Raffles are generally an easy way for a nonprofit organization to quickly and painlessly earn funds to support operations or a specific program activity. Many organizations are unaware that IRS, state, and local regulations may apply to their raffle activities – this makes what is seemingly a simple activity a bit more complicated!
Raffles are generally considered to be gaming activities. If donors pay a minimum amount to enter the drawing and the potential prize is worth more than a nominal value, the resulting income is gaming. Gaming activities must be reported separately on the Form 990, and will require additional information on Schedule G if the proceeds exceed $15,000. In addition, the income may be subject to unrelated business income tax. This can be avoided if any of the following apply:
- The gaming activity is conducted by unpaid volunteers
- The activity qualifies as bingo (special rules apply – contact your tax advisor)
- Gaming is substantially related to your exempt social and recreational purpose (e.g. the Loyal Order of Water Buffalos offers raffles to its members at its regular weekly meetings as a recreational activity)
- The activity is not regularly carried on (e.g. an annual fundraising event that does not involve significant planning or promotion during a large portion of the year)

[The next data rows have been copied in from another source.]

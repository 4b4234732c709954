-- ===== src/Net/Errno.antt =====
-- What `Nwrite` leaves in `errno` where it reports no error.
use kernel_testkit.Base.{
  ℕ, zero, suc, ◌+◌, ◌==◌, ◌||◌, ◌≡◌, false, ◌⊎◌, inl, inr, Bool-cases, List, length, take, drop,
  drop-length-take, arith,
}
use kernel_testkit.Base.Int.{ℤ, is_neg}
use kernel_testkit.Base.Partial.{Ends}
use kernel_testkit.World.{World, Reply-cases, eintr, eagain, enobufs, write_bytes, get_errno, given}
use kernel_testkit.Net.{nwrite, nwrite_loop}

-- One of the numbers in `E`, or EINTR or EAGAIN.
abbrev pub Reason : (ℕ → Type 0) → ℕ → Type 0
Reason E e = E e ⊎ ((e ≡ eintr) ⊎ (e ≡ eagain))

module _ (E : ℕ → Type 0) where
  loop-Reason :
      (fd : ℤ) (count k : ℕ) (buf : List ℕ) (w : World)
      → Reason E w.errno
      → Ends (λ r w'. is_neg r ≡ false → Reason E w'.errno) (nwrite_loop fd count k buf w)
  unfolding nwrite_loop get_errno
  loop-Reason fd count zero buf w e = tt
  loop-Reason fd count (suc k) buf w e = elim (Bool-cases (length buf == 0)) [
    | inl end ↦ rw end (λ _. e)
    | inr more ↦ rw more (elim (Reply-cases (w.reply w.clock)) [
      | inl (n, d) ↦
          rw (d, write_bytes)
            (elim (Bool-cases (length (take n buf) == 0)) [
              | inl stuck ↦ rw stuck (λ _. e)
              | inr some ↦
                  rw (some, drop-length-take)
                    (loop-Reason fd count k (drop n buf) (given fd buf n w) e)
            ])
      | inr (n, d) ↦ elim (Bool-cases ((n == eintr) || (n == eagain))) [
        | inl soft ↦
            let i : (n ≡ eintr) ⊎ (n ≡ eagain) = ground arith in
            rw (d, write_bytes, soft) (λ _. inr i)
        | inr hard ↦
            rw (d, write_bytes, hard)
              (elim (Bool-cases (n == enobufs)) [
                | inl full ↦ rw full (λ fine. cc fine)
                | inr other ↦ rw other (λ fine. cc fine)
              ])
      ]
    ])
  ]

  pub nwrite-Reason :
      (fd : ℤ) (buf : List ℕ) (w : World)
      → Reason E w.errno
      → Ends (λ r w'. is_neg r ≡ false → Reason E w'.errno) (nwrite fd buf w)
  unfolding nwrite
  nwrite-Reason fd buf w e = loop-Reason fd (length buf) (length buf + 1) buf w e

In addition, if the raffle prize is $600 or more (as reduced by the ticket price) and the payout is at least 300 times the amount of the ticket, nonprofits must file Form W-2G to report the gambling winnings. Form W-2G must be issued to the prize winner by January 31st and filed with the IRS via Form 1096 by February 28th (March 31st if filing electronically). Regular gambling withholding of 25% also applies to winnings of more than $5,000. These funds must be reported and sent to the IRS via Form 945 by January 31st.
South Dakota state law prohibits games of chance unless a specific exemption is granted (e.g. Deadwood gaming and state lottery tickets) or the event is held for charitable purposes. Any organization conducting a raffle with the expectation of selling tickets statewide, must send written notice to the Secretary of State before selling any tickets. No specific format is required, but we recommend including all relevant details of the raffle and its charitable purpose. The written notice can be mailed or faxed to the Secretary of State, ATTN: Raffles. Failing to follow this procedure is considered a Class 2 misdemeanor. Live and silent auctions do not fall under these rules.

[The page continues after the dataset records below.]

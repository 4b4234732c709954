-- ===== src/Control/Errno.antt =====
-- What `iperf_set_send_state` and `send_errno` leave in `errno` where they report no error.
use kernel_testkit.Base.{ℕ, ◌≡◌, true, false, inl, inr, Bool-cases}
use kernel_testkit.Base.Int.{ℤ, pos, is_neg, ◌==ℤ◌}
use kernel_testkit.Base.Partial.{Ends, bind_ends}
use kernel_testkit.World.{World, get_errno, set_errno}
use kernel_testkit.Net.{nwrite}
use kernel_testkit.Net.Errno.{Reason, nwrite-Reason}
use kernel_testkit.Test.{State, lift}
use kernel_testkit.Test.Lift.{Lifted, lift-Ends}
use kernel_testkit.Wire.{htonl}
use kernel_testkit.Control.{state_byte, iperf_set_send_state, send_errno}
use kernel_testkit.Control.SendState.{at_state}

module _ (E : ℕ → Type 0) where
  abbrev Left : ℤ → World → Type 0
  Left r w = is_neg r ≡ false → Reason E w.errno

  pub iperf_set_send_state-Reason :
      (st : ℤ) (s : State)
      → Reason E s.world.errno
      → Ends (λ r s'. (r ==ℤ pos 0) ≡ true → Reason E s'.world.errno) (iperf_set_send_state st s)
  unfolding iperf_set_send_state set_errno
  iperf_set_send_state-Reason st s why =
      let fd = s.test.ctrl_sck in
      let write = nwrite fd (state_byte st) in
      bind_ends (Lifted Left (at_state st s))
        (λ r s'. (r ==ℤ pos 0) ≡ true → Reason E s'.world.errno) (lift write (at_state st s)) _
        (lift-Ends Left write (at_state st s) (nwrite-Reason E fd (state_byte st) s.world why))
        λ r s' (left, t, m, p). elim (Bool-cases (is_neg r)) [
          | inl bad ↦ rw bad (λ zero. cc zero)
          | inr fine ↦ rw fine (λ _. left fine)
        ]

  pub send_errno-Reason :
      (s : State)
      → Reason E s.world.errno
      → Ends (λ r s'. is_neg r ≡ false → Reason E s'.world.errno) (send_errno s)
  unfolding send_errno get_errno set_errno
  send_errno-Reason s why =
      let fd = s.test.ctrl_sck in
      let write = nwrite fd (htonl s.world.errno) in
      bind_ends (Lifted Left s) (λ r s'. is_neg r ≡ false → Reason E s'.world.errno) (lift write s)
        _ (lift-Ends Left write s (nwrite-Reason E fd (htonl s.world.errno) s.world why))
        λ r s' (left, t, m, p). elim (Bool-cases (is_neg r)) [
          | inl bad ↦ rw bad (λ fine. cc fine)
          | inr fine ↦ rw fine (λ _. left fine)
        ]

South Dakota state law also requires that all organizations provide 30 days written notice to the county or municipality in which the raffle will be conducted. As such, your organization will need to check the local regulations pertaining to raffles. The City of Rapid City governs raffles via Ordinance No. 5950, which designates the City Attorney as the administrative official reviewing all raffle requests. The written notice must include the following items:
- Full legal name of the organization, along with place and date of incorporation
- Authority of person applying on behalf of the organization (e.g. Board President)
- Class of exemption describing the organization (e.g. charitable)
- Description of the educational, charitable, patriotic, religious, or other public spirited uses for which the proceeds will be used
- Place, date and time raffle will be held
- Amount of compensation being paid in connection with raffle
- Itemization of intended prizes, value, and manner and time of award
- Signed affidavit certifying the proceeds will not be used for the private benefit of any individual and that no separate organization or professional person is employed to conduct the raffle
The City Attorney is required to object to the request within 15 days of the written notice. If no objection is received, the request is deemed granted.